LONDON (Reuters) - U.S. drugmaker Pfizer (PFE.N) will need to raise its bid for AstraZeneca (AZN.L) to around $105-110 billion and increase the proportion of cash in the offer to win its British rival, investors believe.
After showing his hand and pressuring his smaller competitor on Monday by disclosing two bid approaches, both of which were rebuffed, Pfizer CEO Ian Read has until May 26 to “put up or shut up” under UK takeover rules.
Importantly, after a jump in Pfizer shares, Read knows he has the backing of many of his own shareholders, while the threat of a counterbid does not appear imminent.
Read and his team will be using the time available to consider how they can sweeten an offer made in January worth 58.8 billion pounds ($98.8 billion), or 46.61 pounds a share, comprising 30 percent cash and 70 percent shares.
AstraZeneca said that offer fell “very significantly” short and it specifically flagged the small cash component, which would leave investors exposed to the risks faced by Pfizer in executing an ambitious mega-merger.

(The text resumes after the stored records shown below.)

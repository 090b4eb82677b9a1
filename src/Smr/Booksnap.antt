-- ===== src/Smr/Booksnap.antt =====
-- rust/smr-collections/booksnap-sbe/generated/booksnap/src: the bytes of a snapshot. lib.rs reads and
-- writes little-endian words at an index of a slice; book_snapshot_codec.rs and
-- message_header_codec.rs place the fields. `none` is a panic on a slice out of range.
pub mod Writes
pub mod Reads
use hi_perf_cmp.Prelude.{
  ℕ, zero, suc, ◌+◌, ◌*◌, ◌/◌, ◌%◌, List, [], ◌∷◌, ◌++◌, Option, none, some, ◌==◌, leb,
  if◌then◌else◌, length, get_elem?, take, drop,
}
use hi_perf_cmp.Prelude.Partial.{◌>>=◌}

-- `side::Side`
pub data Side : Type 0 where
  bid : Side
  ask : Side
  null_val : Side

pub record LevelEntry : Type 0 where
  pub side : Side
  pub level_tick : ℕ  -- u32
  pub qty_total : ℕ  -- i64
  pub order_count : ℕ  -- u32
  pub head : ℕ  -- u32
  pub tail : ℕ  -- u32

pub record OrderEntry : Type 0 where
  pub slot : ℕ  -- u32
  pub order_id : ℕ  -- i64
  pub price : ℕ  -- i64
  pub qty : ℕ  -- i64
  pub filled : ℕ  -- i64
  pub side : Side
  pub next_slot : ℕ  -- u32
  pub prev : ℕ  -- u32

-- The fixed block of the message.
pub record Block : Type 0 where
  pub price_min : ℕ  -- i64
  pub tick_size : ℕ  -- i64
  pub nl_evels : ℕ  -- u32
  pub capacity : ℕ  -- u32
  pub hwm : ℕ  -- u32
  pub best_bid : ℕ  -- i32
  pub best_ask : ℕ  -- i32
  pub free_head : ℕ  -- u32

-- `to_le_bytes` of a word of `n` bytes
abbrev pub to_le_bytes : ℕ → ℕ → List ℕ
to_le_bytes zero v = []
to_le_bytes (suc n) v = v % 256 ∷ to_le_bytes n (v / 256)

-- `from_le_bytes`
abbrev pub from_le_bytes : List ℕ → ℕ
from_le_bytes [] = 0
from_le_bytes (b ∷ bs) = b + 256 * from_le_bytes bs

-- A write to the buffer.
abbrev pub Write : Type 0
Write = List ℕ → Option (List ℕ)

infixr 6 ◌>=>◌
abbrev pub ◌>=>◌ : Write → Write → Write
f >=> g = λ buf. f buf >>= g

unfoldable pub put_bytes_at : ℕ → List ℕ → Write
put_bytes_at index bytes buf =
    if leb (index + length bytes) (length buf)
    then some (take index buf ++ (bytes ++ drop (index + length bytes) buf))
    else none

abbrev pub put_word_at : ℕ → ℕ → ℕ → Write
put_word_at width index value = put_bytes_at index (to_le_bytes width value)

unfoldable pub get_bytes_at : ℕ → ℕ → List ℕ → Option (List ℕ)
get_bytes_at width index buf =
    if leb (index + width) (length buf) then some (take width (drop index buf)) else none

unfoldable pub get_word_at : ℕ → ℕ → List ℕ → Option ℕ
get_word_at width index buf = do bytes ← get_bytes_at width index buf; some (from_le_bytes bytes)

-- `value as u8`
unfoldable pub side_byte : Side → ℕ
side_byte bid = 0
side_byte ask = 1
side_byte null_val = 255

-- `Side::from`
unfoldable pub side_from : ℕ → Side
side_from v = if v == 0 then bid else if v == 1 then ask else null_val

abbrev pub block_length : ℕ
block_length = 40

abbrev pub template_id : ℕ
template_id = 1

abbrev pub schema_id : ℕ
schema_id = 8

abbrev pub schema_version : ℕ
schema_version = 2

-- `BookSnapshotEncoder::header`, at offset 0
unfoldable pub put_header : Write
put_header =
    put_word_at 2 0 block_length
    >=> put_word_at 2 2 template_id
    >=> put_word_at 2 4 schema_id
    >=> put_word_at 2 6 schema_version

-- The setters of `BookSnapshotEncoder`, behind the header of 8 bytes.
unfoldable pub put_block : Block → Write
put_block m =
    put_word_at 8 8 m.price_min
    >=> put_word_at 8 16 m.tick_size
    >=> put_word_at 4 24 m.nl_evels
    >=> put_word_at 4 28 m.capacity
    >=> put_word_at 4 32 m.hwm
    >=> put_word_at 4 36 m.best_bid
    >=> put_word_at 4 40 m.best_ask
    >=> put_word_at 4 44 m.free_head

-- `wrap` of a group encoder
unfoldable pub put_group : ℕ → ℕ → ℕ → Write
put_group width count limit = put_word_at 2 limit width >=> put_word_at 2 (limit + 2) count

abbrev pub level_length : ℕ
level_length = 25

abbrev pub order_length : ℕ
order_length = 45

unfoldable pub put_level : LevelEntry → ℕ → Write
put_level e offset =
    put_word_at 1 offset (side_byte e.side)
    >=> put_word_at 4 (offset + 1) e.level_tick
    >=> put_word_at 8 (offset + 5) e.qty_total
    >=> put_word_at 4 (offset + 13) e.order_count
    >=> put_word_at 4 (offset + 17) e.head
    >=> put_word_at 4 (offset + 21) e.tail

unfoldable pub put_order : OrderEntry → ℕ → Write
put_order e offset =
    put_word_at 4 offset e.slot
    >=> put_word_at 8 (offset + 4) e.order_id
    >=> put_word_at 8 (offset + 12) e.price
    >=> put_word_at 8 (offset + 20) e.qty
    >=> put_word_at 8 (offset + 28) e.filled
    >=> put_word_at 1 (offset + 36) (side_byte e.side)
    >=> put_word_at 4 (offset + 37) e.next_slot
    >=> put_word_at 4 (offset + 41) e.prev

-- The entries of a group: `advance` puts each at the limit, which moves by the entry's length.
unfoldable pub put_entries : {A : Type 0} → (A → ℕ → Write) → ℕ → List A → ℕ → Write
put_entries put width [] limit buf = some buf
put_entries put width (e ∷ es) limit buf = do
  next ← put e limit buf
  put_entries put width es (limit + width) next

-- The version in the header.
unfoldable pub get_version : List ℕ → Option ℕ
get_version = get_word_at 2 6

unfoldable pub get_block_length : List ℕ → Option ℕ
get_block_length = get_word_at 2 0

unfoldable pub get_level : ℕ → List ℕ → Option LevelEntry
get_level offset buf = do
  side ← get_elem? buf offset
  level_tick ← get_word_at 4 (offset + 1) buf
  qty_total ← get_word_at 8 (offset + 5) buf
  order_count ← get_word_at 4 (offset + 13) buf
  head ← get_word_at 4 (offset + 17) buf
  tail ← get_word_at 4 (offset + 21) buf
  some (record {
    side = side_from side;
    level_tick = level_tick;
    qty_total = qty_total;
    order_count = order_count;
    head = head;
    tail = tail;
  })

unfoldable pub get_order : ℕ → List ℕ → Option OrderEntry
get_order offset buf = do
  slot ← get_word_at 4 offset buf
  order_id ← get_word_at 8 (offset + 4) buf
  price ← get_word_at 8 (offset + 12) buf
  qty ← get_word_at 8 (offset + 20) buf
  filled ← get_word_at 8 (offset + 28) buf
  side ← get_elem? buf (offset + 36)
  next_slot ← get_word_at 4 (offset + 37) buf
  prev ← get_word_at 4 (offset + 41) buf
  some (record {
    slot = slot;
    order_id = order_id;
    price = price;
    qty = qty;
    filled = filled;
    side = side_from side;
    next_slot = next_slot;
    prev = prev;
  })
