-- ===== src/Smr/Booksnap/Writes.antt =====
-- What the writes of a snapshot leave: one follows another in the buffer.
use hi_perf_cmp.Prelude.{
  ℕ, zero, suc, ◌+◌, ◌*◌, ◌≤◌, ◌≡◌, refl, sym, ap, ◌∙◌, arith, true, List, [], ◌∷◌, ◌++◌, some,
  length, length-append, length-drop, drop, take, leb,
}
use hi_perf_cmp.Smr.Booksnap.{
  Block, LevelEntry, OrderEntry, Write, ◌>=>◌, to_le_bytes, put_bytes_at, put_word_at, side_byte,
  put_header, put_block, put_group, put_level, put_order, put_entries, block_length, template_id,
  schema_id, schema_version,
}

-- A write that puts `xs` at `i`, which is the end of what is written.
pub record Emits (f : Write) (i : ℕ) (xs : List ℕ) : Type 0 where
  pub emits :
      (w r : List ℕ)
      → i ≡ length w
      → length xs ≤ length r
      → f (w ++ r) ≡ some ((w ++ xs) ++ drop (length xs) r)

module _ {ℓ} {A : Type ℓ} where
  pub append_assoc : (xs ys zs : List A) → (xs ++ ys) ++ zs ≡ xs ++ (ys ++ zs)
  append_assoc [] ys zs = refl
  append_assoc (x ∷ xs) ys zs = ap (λ l. x ∷ l) (append_assoc xs ys zs)

  pub take-append : (xs ys : List A) → take (length xs) (xs ++ ys) ≡ xs
  take-append [] ys = refl
  take-append (x ∷ xs) ys = ap (λ l. x ∷ l) (take-append xs ys)

  pub drop-append : (xs ys : List A) (k : ℕ) → drop (length xs + k) (xs ++ ys) ≡ drop k ys
  drop-append [] ys k = ap (λ n. drop n ys) (omega arith)
  drop-append (x ∷ xs) ys k =
      ap (λ n. drop n (x ∷ (xs ++ ys))) (shift (length xs) k) ∙ drop-append xs ys k
    where
      shift : (n k : ℕ) → suc n + k ≡ suc (n + k)
      shift n k = omega arith

  pub drop-drop : (m n : ℕ) (xs : List A) → drop n (drop m xs) ≡ drop (m + n) xs
  drop-drop zero n xs = ap (λ k. drop k xs) (omega arith)
  drop-drop (suc m) zero [] = nothing (suc m + 0)
    where
      nothing : (k : ℕ) → [] ≡ drop {A = A} k []
      nothing zero = refl
      nothing (suc k) = refl
  drop-drop (suc m) (suc n) [] = ap (λ k. drop k []) (shift m (suc n))
    where
      shift : (n k : ℕ) → suc (n + k) ≡ suc n + k
      shift n k = omega arith
  drop-drop (suc m) n (x ∷ xs) = drop-drop m n xs ∙ ap (λ k. drop k (x ∷ xs)) (shift m n)
    where
      shift : (n k : ℕ) → suc (n + k) ≡ suc n + k
      shift n k = omega arith

bytes-Emits : (i : ℕ) (xs : List ℕ) → Emits (put_bytes_at i xs) i xs
unfolding put_bytes_at
bytes-Emits i xs = record {
  emits = λ w r h fits.
      let short : leb (i + length xs) (length (w ++ r)) ≡ true =
        ground (arith, length-append w r) in
      rw
        (
          short,
          h,
          take-append w r,
          drop-append w r (length xs),
          sym (append_assoc w xs (drop (length xs) r)),
        )
        refl;
}

pub word-Emits : (n i v : ℕ) → Emits (put_word_at n i v) i (to_le_bytes n v)
word-Emits n i v = bytes-Emits i (to_le_bytes n v)

pub seq-Emits :
    {f g : Write} {i j : ℕ} {xs ys : List ℕ}
    → Emits f i xs
    → i + length xs ≡ j
    → Emits g j ys
    → Emits (f >=> g) i (xs ++ ys)
seq-Emits {f} {g} {i} {j} {xs} {ys} p e q = record {
  emits = λ w r h fits.
      let first = p.emits w r h (omega (arith, length-append xs ys)) in
      let second =
        q.emits (w ++ xs) (drop (length xs) r) (omega (arith, length-append w xs))
          (omega (arith, length-append xs ys, length-drop (length xs) r)) in
      rw
        (
          first,
          second,
          drop-drop (length xs) (length ys) r,
          append_assoc w xs ys,
          length-append xs ys,
        )
        refl;
}

abbrev pub level_bytes : LevelEntry → List ℕ
level_bytes e =
    to_le_bytes 1 (side_byte e.side)
    ++ (to_le_bytes 4 e.level_tick
        ++ (to_le_bytes 8 e.qty_total
            ++ (to_le_bytes 4 e.order_count ++ (to_le_bytes 4 e.head ++ to_le_bytes 4 e.tail))))

pub level-Emits : (e : LevelEntry) (i : ℕ) → Emits (put_level e i) i (level_bytes e)
unfolding put_level
level-Emits e i = seq-Emits (word-Emits 1 i _) refl (
    seq-Emits (word-Emits 4 (i + 1) _) (omega arith) (
      seq-Emits (word-Emits 8 (i + 5) _) (omega arith) (
        seq-Emits (word-Emits 4 (i + 13) _) (omega arith)
          (seq-Emits (word-Emits 4 (i + 17) _) (omega arith) (word-Emits 4 (i + 21) _)))))

abbrev pub order_bytes : OrderEntry → List ℕ
order_bytes e =
    to_le_bytes 4 e.slot
    ++ (to_le_bytes 8 e.order_id
        ++ (to_le_bytes 8 e.price
            ++ (to_le_bytes 8 e.qty
                ++ (to_le_bytes 8 e.filled
                    ++ (to_le_bytes 1 (side_byte e.side)
                        ++ (to_le_bytes 4 e.next_slot ++ to_le_bytes 4 e.prev))))))

pub order-Emits : (e : OrderEntry) (i : ℕ) → Emits (put_order e i) i (order_bytes e)
unfolding put_order
order-Emits e i = seq-Emits (word-Emits 4 i _) refl (
    seq-Emits (word-Emits 8 (i + 4) _) (omega arith) (
      seq-Emits (word-Emits 8 (i + 12) _) (omega arith) (
        seq-Emits (word-Emits 8 (i + 20) _) (omega arith) (
          seq-Emits (word-Emits 8 (i + 28) _) (omega arith) (
            seq-Emits (word-Emits 1 (i + 36) _) (omega arith)
              (seq-Emits (word-Emits 4 (i + 37) _) (omega arith) (word-Emits 4 (i + 41) _)))))))

-- The bytes of a group's entries.
abbrev pub entries_bytes : {A : Type 0} → (A → List ℕ) → List A → List ℕ
entries_bytes bytes [] = []
entries_bytes bytes (e ∷ es) = bytes e ++ entries_bytes bytes es

pub entries-Emits :
    {A : Type 0} (put : A → ℕ → Write) (bytes : A → List ℕ) (width : ℕ)
    → ((e : A) → length (bytes e) ≡ width)
    → ((e : A) (i : ℕ) → Emits (put e i) i (bytes e))
    → (es : List A) (i : ℕ) → Emits (put_entries put width es i) i (entries_bytes bytes es)
unfolding put_entries
entries-Emits put bytes width wide each [] i = record {
  emits = λ w r h fits. ap some (sym (append_assoc w [] r));
}
entries-Emits put bytes width wide each (e ∷ es) i =
    seq-Emits (each e i) (ap (λ n. i + n) (wide e))
      (entries-Emits put bytes width wide each es (i + width))

pub length-entries :
    {A : Type 0} (bytes : A → List ℕ) (width : ℕ)
    → ((e : A) → length (bytes e) ≡ width)
    → (es : List A) → length (entries_bytes bytes es) ≡ length es * width
length-entries bytes width wide [] = omega arith
length-entries bytes width wide (e ∷ es) =
    length-append (bytes e) (entries_bytes bytes es)
    ∙ omega (arith, wide e, length-entries bytes width wide es, times_suc (length es) width)
  where
    times_suc : (n m : ℕ) → suc n * m ≡ m + n * m
    times_suc n m = grind arith

abbrev pub header_bytes : List ℕ
header_bytes =
    to_le_bytes 2 block_length
    ++ (to_le_bytes 2 template_id ++ (to_le_bytes 2 schema_id ++ to_le_bytes 2 schema_version))

pub header-Emits : Emits put_header 0 header_bytes
unfolding put_header
header-Emits = seq-Emits (word-Emits 2 0 block_length) refl (
    seq-Emits (word-Emits 2 2 template_id) refl
      (seq-Emits (word-Emits 2 4 schema_id) refl (word-Emits 2 6 schema_version)))

abbrev pub block_bytes : Block → List ℕ
block_bytes m =
    to_le_bytes 8 m.price_min
    ++ (to_le_bytes 8 m.tick_size
        ++ (to_le_bytes 4 m.nl_evels
            ++ (to_le_bytes 4 m.capacity
                ++ (to_le_bytes 4 m.hwm
                    ++ (to_le_bytes 4 m.best_bid
                        ++ (to_le_bytes 4 m.best_ask ++ to_le_bytes 4 m.free_head))))))

pub block-Emits : (m : Block) → Emits (put_block m) 8 (block_bytes m)
unfolding put_block
block-Emits m = seq-Emits (word-Emits 8 8 _) refl (
    seq-Emits (word-Emits 8 16 _) refl (
      seq-Emits (word-Emits 4 24 _) refl (
        seq-Emits (word-Emits 4 28 _) refl (
          seq-Emits (word-Emits 4 32 _) refl (
            seq-Emits (word-Emits 4 36 _) refl
              (seq-Emits (word-Emits 4 40 _) refl (word-Emits 4 44 _)))))))

abbrev pub group_bytes : ℕ → ℕ → List ℕ
group_bytes width count = to_le_bytes 2 width ++ to_le_bytes 2 count

pub group-Emits : (width count i : ℕ) → Emits (put_group width count i) i (group_bytes width count)
unfolding put_group
group-Emits width count i = seq-Emits (word-Emits 2 i _) (omega arith) (word-Emits 2 (i + 2) _)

So far, the British group has refused to talk to Pfizer - but it has not ruled out discussions altogether and one person close to the company said the cash component of any fresh offer would be key in determining if there was engagement in future.
Cash is uppermost in the minds of AstraZeneca shareholders, too.
“For it to move forward from here, they (Pfizer) need to find a way of getting Astra management engaged and that feels like it needs a specific value being applied to the group, and it needs the cash element to be higher,” said Alastair Gunn of Jupiter Fund Management (JUP.L), which is a top-20 investor in AstraZeneca.
Analysts at Jefferies believe a deal could get done with Pfizer offering a 50/50 split between cash and shares at a price of at least 50 pounds a share.
Several investors contacted by Reuters confirmed they were looking for 50 pounds a share or more, with Neil Veitch of SVM Asset Management predicting an agreed deal somewhere between 52 and 53 pounds.
Because a key goal of the planned takeover is to get the tax advantages of re-domiciling the enlarged group in Britain, there is a limit to how much cash Pfizer can offer, since at least 20 percent of its shareholders are required to be UK-based.
“We estimate Pfizer will need to issue a minimum of around $55 billion in shares to comfortably meet this requirement,” Jefferies said.
Based on the original 30 percent cash element, Moody’s analyst Michael Levesque said Pfizer could fund the whole of the cash portion with offshore funds.
Pushing the cash element to 50 percent, however, would require taking on some incremental debt.
AstraZeneca CEO Pascal Soriot, whose efforts to revive the firm’s drug pipeline have proved a key draw for Pfizer, will now be canvassing the views of shareholders as a “priority”, with machinery in place for meetings with big and small investors, two people close to the company said.
Soriot and chairman Leif Johansson will also be weighing strategic alternatives for the drugmaker, including the potential spin-off of non-core therapy areas like infection and neuroscience, as well as possible acquisitions.
But “white knight” counterbidders ready to take on Pfizer are likely to be thin on the ground - not least because few other companies would enjoy the same cost and tax benefits from acquiring AstraZeneca as Pfizer.
Amgen (AMGN.O) is one player for whom an AstraZeneca deal might make sense, since the two companies are co-developing a number of drugs, but a person familiar with the U.S. biotech firm said on Tuesday it was not interested in entering the fray.
French drugmaker Sanofi (SASY.PA) is another company with the heft and M&A experience to consider intervening, yet its CEO Chris Viehbacher said on Tuesday he planned to stick to smaller bolt-on acquisitions.
GlaxoSmithKline (GSK.L), the British company with arguably the greatest potential to extract synergies from buying AstraZeneca, has meanwhile said for several years it is not interested in large deals.